Archive 2003

 

Hunter-gatherer and pastoralist peoples are playing an active part

Hunter-gatherer and pastoralist peoples are playing an active part in the conference which is debating Kenya's new constitution. That they are able to do so is a breakthrough and a sign of hope for tribal peoples' rights in Kenya. The Maa Pastoralists Council and other pastoralists' organisations have sent delegates, and a pastoralist representative has been elected Vice-Chairman.
As the conference debated the issue of community land, Ogiek delegate Ezekiel Kesendany pointed out that his people, the Ogiek hunter-gatherers, should be allowed to live peacefully in their forest or be resettled on their original lands.
The Ogiek are one of the few remaining hunter-gatherer peoples of East Africa.
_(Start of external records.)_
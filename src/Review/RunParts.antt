-- ===== src/Review/RunParts.antt =====
-- backend/src/codesensei/review/service.py: the parts of a run, each up to its end: the size, the
-- errors of the retrieval, the context files, the chat's end, the routing and the persistence.
use codesensei.Common.{
  ℕ, ◌+◌, Bool, true, false, ◌&&◌, Option, none, some, List, [], ◌∷◌, ◌++◌, Text, codes, text_eq,
  ltb, leb, if◌then◌else◌, length, any,
}
use codesensei.Review.Errors.{
  ReviewErrorCategory, ReviewError, Result, ok, raised, raised_other, review_error,
  payload_too_large, repo_not_ready, provider_unavailable,
}
use codesensei.Review.Schema.{Finding, Verdict, approve, request_changes, comment}
use codesensei.Review.Temporal.{Pool}
use codesensei.Review.Attach.{attach_temporal_context}
use codesensei.Indexing.Errors.{
  index_error, provider_error, job_error, redis_error, other, IndexErrorCategory,
}
use codesensei.Indexing.Retrieval.{
  RetrievedChunk, RetrievalResult, Searched, found, review_raised, exc_raised,
}
use codesensei.History.{History, NewRun, insert_run, prune_to_cap}

-- How `provider.chat` ends under its time limit.
pub data ChatEnd : Type 0 where
  answers : Text → ChatEnd
  times_out chat_raises : ChatEnd
  provider_fails : Bool → ChatEnd

-- What the provider remembers of its last call.
pub record Usage : Type 0 where
  pub model : Option Text
  pub prompt_tokens : Option ℕ
  pub completion_tokens : Option ℕ

-- What the store does with a run: all is saved, nothing is, or the run but not the pruning.
pub data Saving : Type 0 where
  saves insert_raises prune_raises : Saving

abbrev pub or_raise {ℓ} : {A : Type ℓ} → Option A → Result A
or_raise none = raised_other
or_raise (some a) = ok a

-- `len(diff.encode("utf-8"))`; a surrogate cannot be encoded.
abbrev pub char_bytes : ℕ → Option ℕ
char_bytes c =
    if ltb c 0x80
    then some 1
    else if ltb c 0x800
    then some 2
    else if leb 0xd800 c && ltb c 0xe000
    then none
    else if ltb c 0x10000
    then some 3
    else some 4

abbrev add_bytes : Option ℕ → Option ℕ → Option ℕ
add_bytes none n = none
add_bytes (some m) none = none
add_bytes (some m) (some n) = some (m + n)

unfoldable pub utf8_length : Text → Option ℕ
utf8_length [] = some 0
utf8_length (c ∷ s) = add_bytes (char_bytes c) (utf8_length s)

abbrev pub size_within : ℕ → Option ℕ → Result (Unit {0})
size_within limit none = raised_other
size_within limit (some n) =
    if ltb limit n then raised (review_error payload_too_large false) else ok tt

unfoldable pub enforce_size : ℕ → Text → Result (Unit {0})
unfolding utf8_length
enforce_size limit diff = size_within limit (utf8_length diff)

-- `except IndexError`.
abbrev pub translated : IndexErrorCategory → Bool → ReviewError
translated IndexErrorCategory.embedding_mismatch r =
    review_error ReviewErrorCategory.embedding_mismatch false
translated IndexErrorCategory.already_indexing r = review_error repo_not_ready r
translated IndexErrorCategory.not_found r = review_error ReviewErrorCategory.invalid_input r
translated IndexErrorCategory.invalid_input r = review_error ReviewErrorCategory.internal r
translated IndexErrorCategory.payload_too_large r = review_error ReviewErrorCategory.internal r
translated IndexErrorCategory.clone_failed r = review_error ReviewErrorCategory.internal r
translated IndexErrorCategory.embedding_failed r = review_error ReviewErrorCategory.internal r
translated IndexErrorCategory.embedding_dimension_mismatch r =
    review_error ReviewErrorCategory.internal r
translated IndexErrorCategory.delete_during_index r = review_error ReviewErrorCategory.internal r
translated IndexErrorCategory.queue_unavailable r = review_error ReviewErrorCategory.internal r
translated IndexErrorCategory.internal r = review_error ReviewErrorCategory.internal r

abbrev pub after_search : Searched → Result RetrievalResult
after_search (found r) = ok r
after_search (review_raised e) = raised e
after_search (exc_raised (index_error c r)) = raised (translated c r)
after_search (exc_raised (provider_error r)) = raised_other
after_search (exc_raised (job_error c)) = raised_other
after_search (exc_raised redis_error) = raised_other
after_search (exc_raised other) = raised_other

-- The paths of the selected chunks, each once, at most ten.
abbrev pub file_step : List Text → Text → List Text
file_step seen path =
    if leb 10 (length seen)
    then seen
    else if any (text_eq path) seen
    then seen
    else seen ++ (path ∷ [])

unfoldable pub context_files_from : List Text → List RetrievedChunk → List Text
unfolding text_eq
context_files_from seen [] = seen
context_files_from seen (c ∷ cs) = context_files_from (file_step seen c.file_path) cs

unfoldable pub context_files_of : Option RetrievalResult → Option (List Text)
unfolding context_files_from
context_files_of none = none
context_files_of (some r) = some (context_files_from [] r.selected)

abbrev pub selected_of : Option RetrievalResult → List RetrievedChunk
selected_of none = []
selected_of (some r) = r.selected

-- `try: provider.chat(…)`.
abbrev pub after_chat : ChatEnd → Result Text
after_chat (answers raw) = ok raw
after_chat times_out = raised (review_error provider_unavailable true)
after_chat (provider_fails r) = raised (review_error provider_unavailable r)
after_chat chat_raises = raised_other

abbrev pub verdict_value : Verdict → Text
verdict_value approve = codes "approve"
verdict_value request_changes = codes "request_changes"
verdict_value comment = codes "comment"

-- The identifier of the saved run, and the history after it.
unfoldable pub persist_run : Saving → History → ℕ → NewRun → List Finding → Option ℕ × History
unfolding insert_run prune_to_cap
persist_run saves h now fields findings =
    let (run, h') = insert_run h now fields findings in (some run.run_id, (prune_to_cap h').1)
persist_run insert_raises h now fields findings = (none, h)
persist_run prune_raises h now fields findings = (none, (insert_run h now fields findings).1)

abbrev pub usage_field {ℓ} : {A : Type ℓ} → (Usage → Option A) → Option Usage → Option A
usage_field f none = none
usage_field f (some u) = f u

abbrev pub routed : Pool → List Finding → Result (List Finding)
routed [] findings = ok findings
routed (f ∷ files) findings = or_raise (attach_temporal_context (f ∷ files) findings)

abbrev pub kind_of : Option Text → Text
kind_of none = codes "diff"
kind_of (some []) = codes "diff"
kind_of (some (c ∷ s)) = codes "pr_url"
Ever since colonial times there have been attempts to evict them from their ancestral forest, usually on the pretext that they are degrading it. But when the Ogiek are removed, their forest is not protected but rather exploited by logging and tea plantations--some owned by government officials. In some parts of the Mau forest, groups of Ogiek are now resisting eviction, while in others they face influxes of settlers onto their land. The most serious threat currently facing them all comes from the government's plan to open up around one tenth of Kenya's forests--most of it in Ogiek territory --to outsiders. This will open the way for more settlers, loggers and tea plantations.
The constitutional conference reconvenes on August 17.